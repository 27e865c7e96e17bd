-- ===== src/Identify/Message/RoundTrip.antt =====
-- `IdentifyMessage::decode` after `encode`, and the end of its loop.
use minip2p.Prelude.{
  ℕ, ◌≡◌, ◌≢◌, refl, true, List, [], ◌∷◌, ◌++◌, map, Option, none, some, arith, length, All,
  All-append, append_assoc, append-nil, suc,
}
use minip2p.Prelude.Bits.{IsU64}
use minip2p.Prelude.Result.{ok}
use minip2p.Varint.{Bytes}
use minip2p.Multistream.Utf8.{is_utf8}
use minip2p.Wire.{run_fields}
use minip2p.Wire.Fields.{
  Field, len_field, message_bytes, message_bytes-append, IsField, IsSound, IsField-All,
  All-IsField_split, Takes, Folds, stop, more, Folds-append, decode_fields-Folds,
}
use minip2p.Wire.Encode.{
  encode_repeated_lem, encode_opt_bytes_lem, IsSound-repeated, IsSound-opt_len,
  read_len_delimited_body, opt_field, OnSome, OnSome_at, Folds-opt,
}
use minip2p.Wire.Loop.{Advances, moves, decode_fields_total}
use minip2p.Identify.Message.{
  IdentifyMessage, default, identify_wire_error, encode, from_utf8, put_field, step, decode,
}

abbrev pub IsText : Bytes → Type 0
IsText s = is_utf8 s ≡ true

-- The texts of a message are texts.
pub record IsTyped (msg : IdentifyMessage) : Type 0 where
  pub protocols_text : All IsText msg.protocols
  pub version_text : OnSome IsText msg.protocol_version
  pub agent_text : OnSome IsText msg.agent_version

abbrev fields : IdentifyMessage → List Field
fields msg =
    opt_field (len_field 1) msg.public_key
    ++ (map (len_field 2) msg.listen_addrs
        ++ (map (len_field 3) msg.protocols
            ++ (opt_field (len_field 4) msg.observed_addr
                ++ (opt_field (len_field 5) msg.protocol_version
                    ++ opt_field (len_field 6) msg.agent_version))))

encode-fields : (msg : IdentifyMessage) → encode msg ≡ message_bytes (fields msg)
unfolding encode
encode-fields msg =
    rw
      (
        encode_opt_bytes_lem 6 msg.agent_version _ (omega arith),
        encode_opt_bytes_lem 5 msg.protocol_version _ (omega arith),
        encode_opt_bytes_lem 4 msg.observed_addr _ (omega arith),
        encode_repeated_lem 3 msg.protocols _ (omega arith),
        encode_repeated_lem 2 msg.listen_addrs _ (omega arith),
        encode_opt_bytes_lem 1 msg.public_key [] (omega arith),
      )
      (simp (message_bytes-append, append_assoc))

Takes-len :
    (n : ℕ) (d : Bytes) (msg msg' : IdentifyMessage)
    → IsU64 (length d)
    → put_field msg n d ≡ ok msg'
    → Takes step (len_field n d) msg msg'
unfolding step
Takes-len n d msg msg' h e input idx rest a =
    rw (read_len_delimited_body input idx d rest h a, e) refl

-- A repeated field fills the list that `put` names.
Folds-items :
    (n : ℕ) (P : Bytes → Type 0) (put : List Bytes → IdentifyMessage)
    → ((done : List Bytes) (d : Bytes)
        → P d
        → put_field (put done) n d ≡ ok (put (done ++ (d ∷ []))))
    → (items done : List Bytes) → All P items
    → All IsField (map (len_field n) items)
    → Folds step (map (len_field n) items) (put done) (put (done ++ items))
Folds-items n P put t [] done p h = rw append-nil stop
Folds-items n P put t (d ∷ ds) done p h =
    more (Takes-len n d (put done) (put (done ++ (d ∷ []))) h.0.1 (t done d p.0))
      (rw append_assoc at (Folds-items n P put t ds (done ++ (d ∷ [])) p.1 h.1))

-- A message whose fields are filled up to a point.
abbrev filled :
    Option Bytes
    → List Bytes
    → List Bytes
    → Option Bytes
    → Option Bytes
    → Option Bytes
    → IdentifyMessage
filled key addrs protos seen version agent = record {
  public_key = key;
  listen_addrs = addrs;
  protocols = protos;
  observed_addr = seen;
  protocol_version = version;
  agent_version = agent;
}

put_text : (d : Bytes) (n : ℕ) → IsText d → from_utf8 d n ≡ ok d
unfolding from_utf8
put_text d n t = rw t refl

All-any : (xs : List Bytes) → All (λ (d : Bytes). Unit {0}) xs
All-any [] = tt
All-any (x ∷ xs) = (tt, All-any xs)

module _ (msg : IdentifyMessage) (u : IsTyped msg) where
  where_text :
      (o : Option Bytes) (d : Bytes) (n : ℕ) → OnSome IsText o → o ≡ some d → from_utf8 d n ≡ ok d
  where_text o d n t e = put_text d n (OnSome_at IsText o d t e)

  Folds-fields : All IsField (fields msg) → Folds step (fields msg) default msg
  unfolding put_field
  Folds-fields h =
      let key = msg.public_key in
      let addrs = msg.listen_addrs in
      let protos = msg.protocols in
      let seen = msg.observed_addr in
      let version = msg.protocol_version in
      let agent = msg.agent_version in
      let (h1, r1) = All-IsField_split (opt_field (len_field 1) key) _ h in
      let (h2, r2) = All-IsField_split (map (len_field 2) addrs) _ r1 in
      let (h3, r3) = All-IsField_split (map (len_field 3) protos) _ r2 in
      let (h4, r4) = All-IsField_split (opt_field (len_field 4) seen) _ r3 in
      let (h5, h6) = All-IsField_split (opt_field (len_field 5) version) _ r4 in
      Folds-append step
        (Folds-opt step (len_field 1) (λ o. filled o [] [] none none none) key h1
          (λ d _ f. Takes-len 1 d _ _ f.1 refl))
        (Folds-append step
          (Folds-items 2 (λ d. Unit {0}) (λ ds. filled key ds [] none none none) (λ done d _. refl)
            addrs [] (All-any addrs) h2)
          (Folds-append step
            (Folds-items 3 IsText (λ ds. filled key addrs ds none none none)
              (λ done d t. rw (put_text d 3 t) refl) protos [] u.protocols_text h3)
            (Folds-append step
              (Folds-opt step (len_field 4) (λ o. filled key addrs protos o none none) seen h4
                (λ d _ f. Takes-len 4 d _ _ f.1 refl))
              (Folds-append step
                (Folds-opt step (len_field 5) (λ o. filled key addrs protos seen o none) version h5
                  (λ d e f.
                    Takes-len 5 d _ _ f.1 (rw (where_text version d 5 u.version_text e) refl)))
                (Folds-opt step (len_field 6) (λ o. filled key addrs protos seen version o) agent h6
                  (λ d e f.
                    Takes-len 6 d _ _ f.1 (rw (where_text agent d 6 u.agent_text e) refl)))))))

IsSound-fields : (msg : IdentifyMessage) → All IsSound (fields msg)
IsSound-fields msg =
    All-append IsSound (opt_field (len_field 1) msg.public_key) _
      (IsSound-opt_len 1 msg.public_key (omega arith))
      (All-append IsSound (map (len_field 2) msg.listen_addrs) _
        (IsSound-repeated 2 msg.listen_addrs (omega arith))
        (All-append IsSound (map (len_field 3) msg.protocols) _
          (IsSound-repeated 3 msg.protocols (omega arith))
          (All-append IsSound (opt_field (len_field 4) msg.observed_addr) _
            (IsSound-opt_len 4 msg.observed_addr (omega arith))
            (All-append IsSound (opt_field (len_field 5) msg.protocol_version) _
              (IsSound-opt_len 5 msg.protocol_version (omega arith))
              (IsSound-opt_len 6 msg.agent_version (omega arith))))))

-- `IdentifyMessage::decode` reads back every message that `encode` wrote, when its texts are texts and
-- the length of the encoding fits 64 bits.
pub identify_decode-encode :
    (msg : IdentifyMessage)
    → IsTyped msg
    → IsU64 (length (encode msg))
    → decode (encode msg) ≡ ok msg
unfolding decode
identify_decode-encode msg u h =
    let e = encode-fields msg in
    let f = IsField-All (fields msg) (IsSound-fields msg) (rw e at h) in
    rw e (decode_fields-Folds step f (Folds-fields msg u f))

step-Advances : Advances step
unfolding step
step-Advances input msg field wire_type idx msg' idx' e = grind (arith, moves)

-- The loop of `decode` ends on every input.
identify_decode_total :
    (input : Bytes) → run_fields step (suc (length input)) input 0 default ≢ none
identify_decode_total input = decode_fields_total step input default step-Advances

####################

• _How to complete this task_:
Each line from the start of the listing above through the line containing "pub version_text : OnSome" should be copied exactly, please, with no other lines added.

• _Answer space_:
repository 27e865c7e96e17bd
-- ===== src/Identify/Message/RoundTrip.antt =====
-- `IdentifyMessage::decode` after `encode`, and the end of its loop.
use minip2p.Prelude.{
  ℕ, ◌≡◌, ◌≢◌, refl, true, List, [], ◌∷◌, ◌++◌, map, Option, none, some, arith, length, All,
  All-append, append_assoc, append-nil, suc,
}
use minip2p.Prelude.Bits.{IsU64}
use minip2p.Prelude.Result.{ok}
use minip2p.Varint.{Bytes}
use minip2p.Multistream.Utf8.{is_utf8}
use minip2p.Wire.{run_fields}
use minip2p.Wire.Fields.{
  Field, len_field, message_bytes, message_bytes-append, IsField, IsSound, IsField-All,
  All-IsField_split, Takes, Folds, stop, more, Folds-append, decode_fields-Folds,
}
use minip2p.Wire.Encode.{
  encode_repeated_lem, encode_opt_bytes_lem, IsSound-repeated, IsSound-opt_len,
  read_len_delimited_body, opt_field, OnSome, OnSome_at, Folds-opt,
}
use minip2p.Wire.Loop.{Advances, moves, decode_fields_total}
use minip2p.Identify.Message.{
  IdentifyMessage, default, identify_wire_error, encode, from_utf8, put_field, step, decode,
}

abbrev pub IsText : Bytes → Type 0
IsText s = is_utf8 s ≡ true

-- The texts of a message are texts.
pub record IsTyped (msg : IdentifyMessage) : Type 0 where
  pub protocols_text : All IsText msg.protocols
  pub version_text : OnSome IsText msg.protocol_version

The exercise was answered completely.